Background: Welding-associated air pollutants negatively affect the health of exposed workers; however, their molecular mechanisms in causing disease remain largely unclear. Few studies have systematically investigated the systemic toxic effects of welding fumes on humans.
Objectives: To explore the effects of welding fumes on the plasma metabolome, and to identify biomarkers for risk assessment of welding fume exposure.
Methods: The two-stage, self-controlled exploratory study included 11 boilermakers from a 2011 discovery panel and 8 boilermakers from a 2012 validation panel. Plasma samples were collected pre- and post-welding fume exposure and analyzed by chromatography/mass spectrometry.

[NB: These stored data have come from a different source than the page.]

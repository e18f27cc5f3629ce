-- ===== src/Capability/Sets.antt =====
-- src/capability.rs, `CapabilitySet`: the bit operations as operations on sets of authorities.
use Prim.Native.Nat.{ℕ, zero, suc, ◌*◌, ◌^◌, ◌≤◌, ◌<◌, max, bit_and}
use mathlib.Core.Path.{◌≡◌, refl, ap}
use mathlib.Core.Logic.{◌↔◌, ◌⊎◌}
use native.Mathlib.Decide.{ℕ_discrete}
use mathlib.Core.Bool.{true, false, not}
use native.Mathlib.Nat.{one-le-pow}
use native.Mathlib.Omega.{arith}
use alani_kernel.Common.Tests.{◌==◌, if◌then◌else◌, ltb, ==→eq, eq→==}
use alani_kernel.Common.Bits.{
  bit_at, bit_at-le-one, bit_at-zero, bit_at-bit_and, bit_at-bit_or, bit_and-pow, bit_at-pow_self,
  bit_at-pow_ne, eq_of_bits, bit_and-lt, bit_and-high,
}
use alani_kernel.Error.{KernelError}
use alani_kernel.Outcome.{ok, err}
use alani_kernel.Capability.{
  Capability, position, bit, CapabilitySet, empty, from_bits, contains, contains_all,
  with_capability, intersect, attenuate,
}

-- A set fits a `u64`.
abbrev pub Fits : CapabilitySet → Type 0
Fits s = s.bits < 2 ^ 64

-- The capability at position `k` is in the set.
abbrev pub HasBit : ℕ → CapabilitySet → Type 0
HasBit k s = bit_at k s.bits ≡ 1

set_digit : (b p : ℕ) → b ≤ 1 → 1 ≤ p → (not (b * p == 0) ≡ true) ↔ (b ≡ 1)
set_digit zero p h q = ground arith
set_digit (suc zero) p h q = ground arith
set_digit (suc (suc b)) p h q = absurd (omega arith)

-- `contains` tests the capability's bit.
pub contains_iff-HasBit :
    (s : CapabilitySet) (c : Capability) → (contains s c ≡ true) ↔ HasBit (position c) s
unfolding contains bit
contains_iff-HasBit s c = rw (bit_and-pow (position c) s.bits) (
    set_digit (bit_at (position c) s.bits) (2 ^ position c) (bit_at-le-one (position c) s.bits)
      (one-le-pow (position c) 2 (omega arith)))

-- Every bit of the first is a bit of the second.
abbrev pub IsWithin : CapabilitySet → CapabilitySet → Type 0
IsWithin s t = (k : ℕ) → bit_at k s.bits ≤ bit_at k t.bits

-- `contains_all` holds for a required set of 64 bits exactly if every bit of it is a bit of the
-- set.
pub contains_all_iff :
    (s required : CapabilitySet)
    → Fits required
    → (contains_all s required ≡ true) ↔ IsWithin required s
unfolding contains_all
contains_all_iff s required fits = (
  λ all k. omega (
    arith,
    bit_at-bit_and k s.bits required.bits,
    ap (bit_at k) (==→eq (bit_and s.bits required.bits) required.bits all),
  ),
  λ h. eq→== _ _ (
      eq_of_bits 64 _ _ (bit_and-lt 64 s.bits required.bits fits) fits
        λ k below. omega (arith, bit_at-bit_and k s.bits required.bits, h k)),
)

position-lt : (c : Capability) → position c < 15
unfolding position
position-lt c = ground arith

bit-lt : (c : Capability) → bit c < 2 ^ 64
unfolding bit
bit-lt c = ground arith

-- `from_bits` accepts exactly the masks with no bit above the fifteen that are known, and returns
-- them as they are.
pub from_bits_lem :
    (bits : ℕ)
    → bits < 2 ^ 64
    → from_bits bits
      ≡ (if ltb bits (2 ^ 15) then ok (record { bits = bits }) else err KernelError.reserved_bits)
unfolding from_bits
from_bits_lem bits h = ground (arith, bit_and-high 15 49 bits)

position-injective : (c d : Capability) → position c ≡ position d → c ≡ d
unfolding position
position-injective c d h = ground arith

max_one : (a b : ℕ) → a ≤ 1 → b ≤ 1 → (max a b ≡ 1) ↔ ((a ≡ 1) ⊎ (b ≡ 1))
max_one zero b p q = ground arith
max_one (suc a) b p q = ground arith

-- The bits of one capability.
HasBit-single : (k : ℕ) (c : Capability) → (bit_at k (bit c) ≡ 1) ↔ (k ≡ position c)
unfolding bit
HasBit-single k c = elim (ℕ_discrete k (position c)) [
  | yes e ↦ rw e (λ _. refl, λ _. bit_at-pow_self (position c))
  | no ne ↦ rw (bit_at-pow_ne k (position c) ne) ground arith
]

-- `with` adds the one capability, and keeps all others as they are.
pub contains-with_capability :
    (s : CapabilitySet) (c d : Capability)
    → (contains (with_capability s c) d ≡ true) ↔ ((contains s d ≡ true) ⊎ (d ≡ c))
unfolding with_capability
contains-with_capability s c d = ground (
  arith,
  contains_iff-HasBit (with_capability s c) d,
  contains_iff-HasBit s d,
  bit_at-bit_or (position d) s.bits (bit c),
  max_one (bit_at (position d) s.bits) (bit_at (position d) (bit c))
      (bit_at-le-one (position d) s.bits) (bit_at-le-one (position d) (bit c)),
  HasBit-single (position d) c,
  position-injective d c,
)

-- `intersect` holds exactly what both sets hold.
pub contains-intersect :
    (s t : CapabilitySet) (c : Capability)
    → (contains (intersect s t) c ≡ true) ↔ (contains s c ≡ true) × (contains t c ≡ true)
unfolding intersect
contains-intersect s t c = ground (
  arith,
  contains_iff-HasBit (intersect s t) c,
  contains_iff-HasBit s c,
  contains_iff-HasBit t c,
  bit_at-bit_and (position c) s.bits t.bits,
  bit_at-le-one (position c) s.bits,
  bit_at-le-one (position c) t.bits,
)

pub attenuate-ok :
    (s requested : CapabilitySet) {child : CapabilitySet}
    → attenuate s requested ≡ ok child
    → (contains_all s requested ≡ true) × (requested ≡ child)
unfolding attenuate
attenuate-ok s requested h = ground arith

contains_mono :
    (s t : CapabilitySet) (c : Capability)
    → IsWithin t s
    → contains t c ≡ true
    → contains s c ≡ true
contains_mono s t c inside h = (contains_iff-HasBit s c).1 (
    omega (
      arith,
      inside (position c),
      (contains_iff-HasBit t c).0 h,
      bit_at-le-one (position c) s.bits,
    ))

-- Deriving succeeds exactly when the requested set lies within the parent's, and returns it.
pub attenuate_lem :
    (s requested : CapabilitySet)
    → Fits requested
    → (attenuate s requested ≡ ok requested) ↔ IsWithin requested s
unfolding attenuate
attenuate_lem s requested fits = ground (arith, contains_all_iff s requested fits)

-- A derived set grants nothing that its parent does not.
pub attenuate-contains :
    (s requested child : CapabilitySet) (c : Capability)
    → Fits requested
    → attenuate s requested ≡ ok child
    → contains child c ≡ true
    → contains s c ≡ true
attenuate-contains s requested child c fits e h =
    let (all, same) = attenuate-ok s requested e in
    contains_mono s requested c ((contains_all_iff s requested fits).0 all)
      (rw (ap (λ t. contains t c) same) h)

-- The empty set grants nothing.
pub contains-empty : (c : Capability) → contains empty c ≡ false
contains-empty c = ground (arith, contains_iff-HasBit empty c, bit_at-zero (position c))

Results: Eicosapentaenoic or docosapentaenoic acid metabolic changes post-welding were significantly associated with particulate (PM2.5) exposure (p<0.05). The combined analysis by linear mixed-effects model showed that exposure was associated with a statistically significant decline in metabolite change of eicosapentaenoic acid [β(95% CI) = -0.013(-0.022 ≈ -0.004); p = 0.005], docosapentaenoic acid n3 [β(95% CI) = -0.010(-0.018 ≈ -0.002); p = 0.017], and docosapentaenoic acid n6 [β(95% CI) = -0.007(-0.013 ≈ -0.001); p = 0.021]. Pathway analysis identified an association of the unsaturated fatty acid pathway with exposure (p Study-2011 = 0.025; p Study-2012 = 0.021; p Combined = 0.009). The functional network built by these fatty acids and their interactive genes contained significant enrichment of genes associated with various diseases, including neoplasms, cardiovascular diseases, and lipid metabolism disorders.
Conclusions: High-dose exposure of metal welding fumes decreases unsaturated fatty acids with an exposure-response relationship. This alteration in fatty acids is a potential biological mediator and biomarker for exposure-related health disorders.